DATA TO PROCESS
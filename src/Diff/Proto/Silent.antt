-- ===== src/Diff/Proto/Silent.antt =====
-- `_diff_message` of proto.py against the fields of the two messages.
use living_api_contract_guar.Common.{
  ℕ, String, Bool, true, not, Option, none, some, [], ◌++◌, map, collect, ◌≡◌, refl, arith, ◌&&◌,
  ◌↔◌, ◌≢◌, inl, inr, string_key, Option-cases, is_some,
}
use living_api_contract_guar.Common.Int.{ℤ, int_key, int_beq_iff}
use living_api_contract_guar.Common.Sets.{distinct, collect-nil, collect-nil_at, nil-append}
use living_api_contract_guar.Common.Dict.{get, only_in, in_both, elem-only_in, elem-in_both}
use text.Mathlib.TextEquality.{eq_iff}
use living_api_contract_guar.Diff.Proto.Descriptors.{
  FieldDescriptor, Descriptor, message_fields, fields_by_number, fields_by_name,
}
use living_api_contract_guar.Diff.Proto.Message.{
  renumbered, field_type_label, field_label, removed_at, type_change_at, label_change_at, rename_at,
  kept_at, field_added, field_removed, field_kept, diff_message,
}
use living_api_contract_guar.Diff.Proto.Index.{index_agree}

-- `protoc` accepts a message only when no two fields have one name or one number.
unfoldable pub is_well_formed : Descriptor → Bool
unfolding distinct
is_well_formed msg =
    distinct (map (λ f. f.name) (message_fields msg))
    && distinct (map (λ f. f.number) (message_fields msg))

-- What the index of names finds is also in the index of numbers.
by_name_number :
    (msg : Descriptor) (k : String) (g : FieldDescriptor)
    → is_well_formed msg ≡ true
    → get k (fields_by_name msg) ≡ some g
    → (g.name ≡ k) × (get g.number (fields_by_number msg) ≡ some g)
unfolding is_well_formed fields_by_name fields_by_number
by_name_number msg k g h q =
    index_agree (λ f. f.name) (λ f. f.number) (message_fields msg) k g (ground arith) q

by_number_name :
    (msg : Descriptor) (n : ℤ) (g : FieldDescriptor)
    → is_well_formed msg ≡ true
    → get n (fields_by_number msg) ≡ some g
    → (g.number ≡ n) × (get g.name (fields_by_name msg) ≡ some g)
unfolding is_well_formed fields_by_name fields_by_number
by_number_name msg n g h q =
    index_agree (λ f. f.number) (λ f. f.name) (message_fields msg) n g (ground arith) q

module _ (enum_name label_name : ℕ → String) where
  -- Both messages lack the number, or both have it with one name, type and label.
  abbrev pub SameField : Option FieldDescriptor → Option FieldDescriptor → Type 0
  SameField none none = Unit
  SameField none (some g) = ⊥
  SameField (some f) none = ⊥
  SameField (some f) (some g) =
      (f.name ≡ g.name)
      × (field_type_label enum_name label_name f ≡ field_type_label enum_name label_name g)
      × (field_label enum_name label_name f ≡ field_label enum_name label_name g)

  -- Then no loop over the numbers of one message alone meets this number.
  both_or_neither :
      (o p : Option FieldDescriptor)
      → SameField o p
      → ((is_some o && not (is_some p)) ≢ true) × ((is_some p && not (is_some o)) ≢ true)
  both_or_neither none none h = (λ k. cc, λ k. cc)
  both_or_neither none (some g) h = absurd h
  both_or_neither (some f) none h = absurd h
  both_or_neither (some f) (some g) h = (λ k. cc, λ k. cc)

  kept_at-nil :
      (name : String) (num : ℤ) (f g : FieldDescriptor)
      → (kept_at enum_name label_name name num f g ≡ []) ↔ SameField (some f) (some g)
  unfolding kept_at type_change_at label_change_at rename_at
  kept_at-nil name num f g = ground (
    arith,
    eq_iff f.name g.name,
    eq_iff (field_type_label enum_name label_name f) (field_type_label enum_name label_name g),
    eq_iff (field_label enum_name label_name f) (field_label enum_name label_name g),
  )

  abbrev pub IsSame : Descriptor → Descriptor → Type 0
  IsSame before after =
      (num : ℤ) → SameField (get num (fields_by_number before)) (get num (fields_by_number after))

  module _ (name : String) (before after : Descriptor) where
    -- A number of both messages, by what each index holds there.
    kept_number :
        (num : ℤ) (o p : Option FieldDescriptor)
        → get num (fields_by_number before) ≡ o
        → get num (fields_by_number after) ≡ p
        → (is_some o && is_some p) ≡ true
        → (field_kept enum_name label_name name before after num ≡ []) ↔ SameField o p
    unfolding field_kept
    kept_number num none p q r h = absurd cc
    kept_number num (some f) none q r h = absurd cc
    kept_number num (some f) (some g) q r h = rw (q, r) (kept_at-nil name num f g)

    -- A number that only `after` has is always reported.
    added_number :
        (num : ℤ) (g : FieldDescriptor)
        → get num (fields_by_number after) ≡ some g
        → field_added enum_name label_name name before after num ≢ []
    unfolding field_added
    added_number num g r = λ h. absurd cc

    -- A number that only `before` has is skipped only if `after` has the name elsewhere.
    removed_number :
        (num : ℤ) (f : FieldDescriptor)
        → get num (fields_by_number before) ≡ some f
        → field_removed enum_name label_name name before after num ≡ []
        → (g : FieldDescriptor) × (get f.name (fields_by_name after) ≡ some g) × (g.number ≢ num)
    unfolding field_removed removed_at renumbered
    removed_number num f q h = elim (Option-cases (get f.name (fields_by_name after))) [
      | inl n ↦ absurd cc
      | inr (g, e) ↦ (g, e, λ k. ground (arith, int_beq_iff g.number num))
    ]

    module _ (is_wf_before : is_well_formed before ≡ true)
        (is_wf_after : is_well_formed after ≡ true)
        (silent : diff_message enum_name label_name name before after ≡ []) where
      silent_loops :
          (collect
              (field_added enum_name label_name name before after)
              (only_in (fields_by_number after) (fields_by_number before))
            ≡ [])
          × (collect
                (field_removed enum_name label_name name before after)
                (only_in (fields_by_number before) (fields_by_number after))
              ≡ [])
          × (collect
                (field_kept enum_name label_name name before after)
                (in_both (fields_by_number before) (fields_by_number after))
              ≡ [])
      unfolding diff_message
      silent_loops =
          let outer =
            nil-append
              (collect (field_added enum_name label_name name before after)
                (only_in (fields_by_number after) (fields_by_number before)))
              (collect (field_removed enum_name label_name name before after)
                  (only_in (fields_by_number before) (fields_by_number after))
                ++ collect (field_kept enum_name label_name name before after)
                    (in_both (fields_by_number before) (fields_by_number after)))
              silent in
          let inner =
            nil-append
              (collect (field_removed enum_name label_name name before after)
                (only_in (fields_by_number before) (fields_by_number after)))
              (collect (field_kept enum_name label_name name before after)
                (in_both (fields_by_number before) (fields_by_number after)))
              outer.1 in
          (outer.0, inner.0, inner.1)

      no_added :
          (num : ℤ) (g : FieldDescriptor)
          → get num (fields_by_number before) ≡ none
          → get num (fields_by_number after) ≢ some g
      no_added num g q = λ r. added_number num g r (
          collect-nil_at (field_added enum_name label_name name before after)
            (only_in (fields_by_number after) (fields_by_number before)) num silent_loops.0
            (rw (elem-only_in num (fields_by_number after) (fields_by_number before), q, r)))

      same_at :
          (num : ℤ) (o p : Option FieldDescriptor)
          → get num (fields_by_number before) ≡ o
          → get num (fields_by_number after) ≡ p
          → (is_some o && is_some p) ≡ true
          → SameField o p
      same_at num o p q r h = (kept_number num o p q r h).0 (
          collect-nil_at (field_kept enum_name label_name name before after)
            (in_both (fields_by_number before) (fields_by_number after)) num silent_loops.2
            (rw (elem-in_both num (fields_by_number before) (fields_by_number after), q, r) h))

      -- A name that moved to another number of `before` would be reported there as renamed.
      no_removed :
          (num : ℤ) (f : FieldDescriptor)
          → get num (fields_by_number before) ≡ some f
          → get num (fields_by_number after) ≢ none
      no_removed num f q = λ r.
          let (g, e, moved) = removed_number num f q (
            collect-nil_at (field_removed enum_name label_name name before after)
              (only_in (fields_by_number before) (fields_by_number after)) num silent_loops.1
              (rw (elem-only_in num (fields_by_number before) (fields_by_number after), q, r))) in
          let at_after = by_name_number after f.name g is_wf_after e in
          elim (Option-cases (get g.number (fields_by_number before))) [
            | inl n ↦ absurd (no_added g.number g n at_after.1)
            | inr (f2, q2) ↦
                let same = same_at g.number (some f2) (some g) q2 at_after.1 refl in
                let at_f = by_number_name before num f is_wf_before q in
                let at_f2 = by_number_name before g.number f2 is_wf_before q2 in absurd (moved cc)
          ]

      same_number :
          (num : ℤ) (o p : Option FieldDescriptor)
          → get num (fields_by_number before) ≡ o
          → get num (fields_by_number after) ≡ p
          → SameField o p
      same_number num none none q r = tt
      same_number num none (some g) q r = absurd (no_added num g q r)
      same_number num (some f) none q r = absurd (no_removed num f q r)
      same_number num (some f) (some g) q r = same_at num (some f) (some g) q r refl

    pub same_silent : IsSame before after → diff_message enum_name label_name name before after ≡ []
    unfolding diff_message
    same_silent h =
        let b = fields_by_number before in
        let a = fields_by_number after in
        rw
          (
            collect-nil (field_added enum_name label_name name before after) (only_in a b) (λ num k.
                absurd (
                  (both_or_neither (get num b) (get num a) (h num)).1
                    (rw (← elem-only_in num a b) k))),
            collect-nil (field_removed enum_name label_name name before after) (only_in b a)
                (λ num k. absurd (
                  (both_or_neither (get num b) (get num a) (h num)).0
                    (rw (← elem-only_in num b a) k))),
            collect-nil (field_kept enum_name label_name name before after) (in_both b a) (λ num k.
                (kept_number num (get num b) (get num a) refl refl
                    (rw (← elem-in_both num b a) k)).1
                  (h num)),
          )
          refl

  -- For two messages that each have no repeated field name or number, `diff_message` reports
  -- nothing exactly when every field number is absent from both, or present in both with the
  -- same name, the same type and the same label.
  pub diff_message-silent :
      (name : String) (before after : Descriptor)
      → is_well_formed before ≡ true
      → is_well_formed after ≡ true
      → (diff_message enum_name label_name name before after ≡ []) ↔ IsSame before after
  diff_message-silent name before after h k = (
    λ silent num.
        same_number name before after h k silent num (get num (fields_by_number before))
          (get num (fields_by_number after)) refl refl,
    same_silent name before after,
  )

WHAT TO PRODUCE
Within the entries above, find each line where "ground" appears; copy every one.

RESULT FOR THIS TASK
    index_agree (λ f. f.name) (λ f. f.number) (message_fields msg) k g (ground arith) q
    index_agree (λ f. f.number) (λ f. f.name) (message_fields msg) n g (ground arith) q
  kept_at-nil name num f g = ground (
      | inr (g, e) ↦ (g, e, λ k. ground (arith, int_beq_iff g.number num))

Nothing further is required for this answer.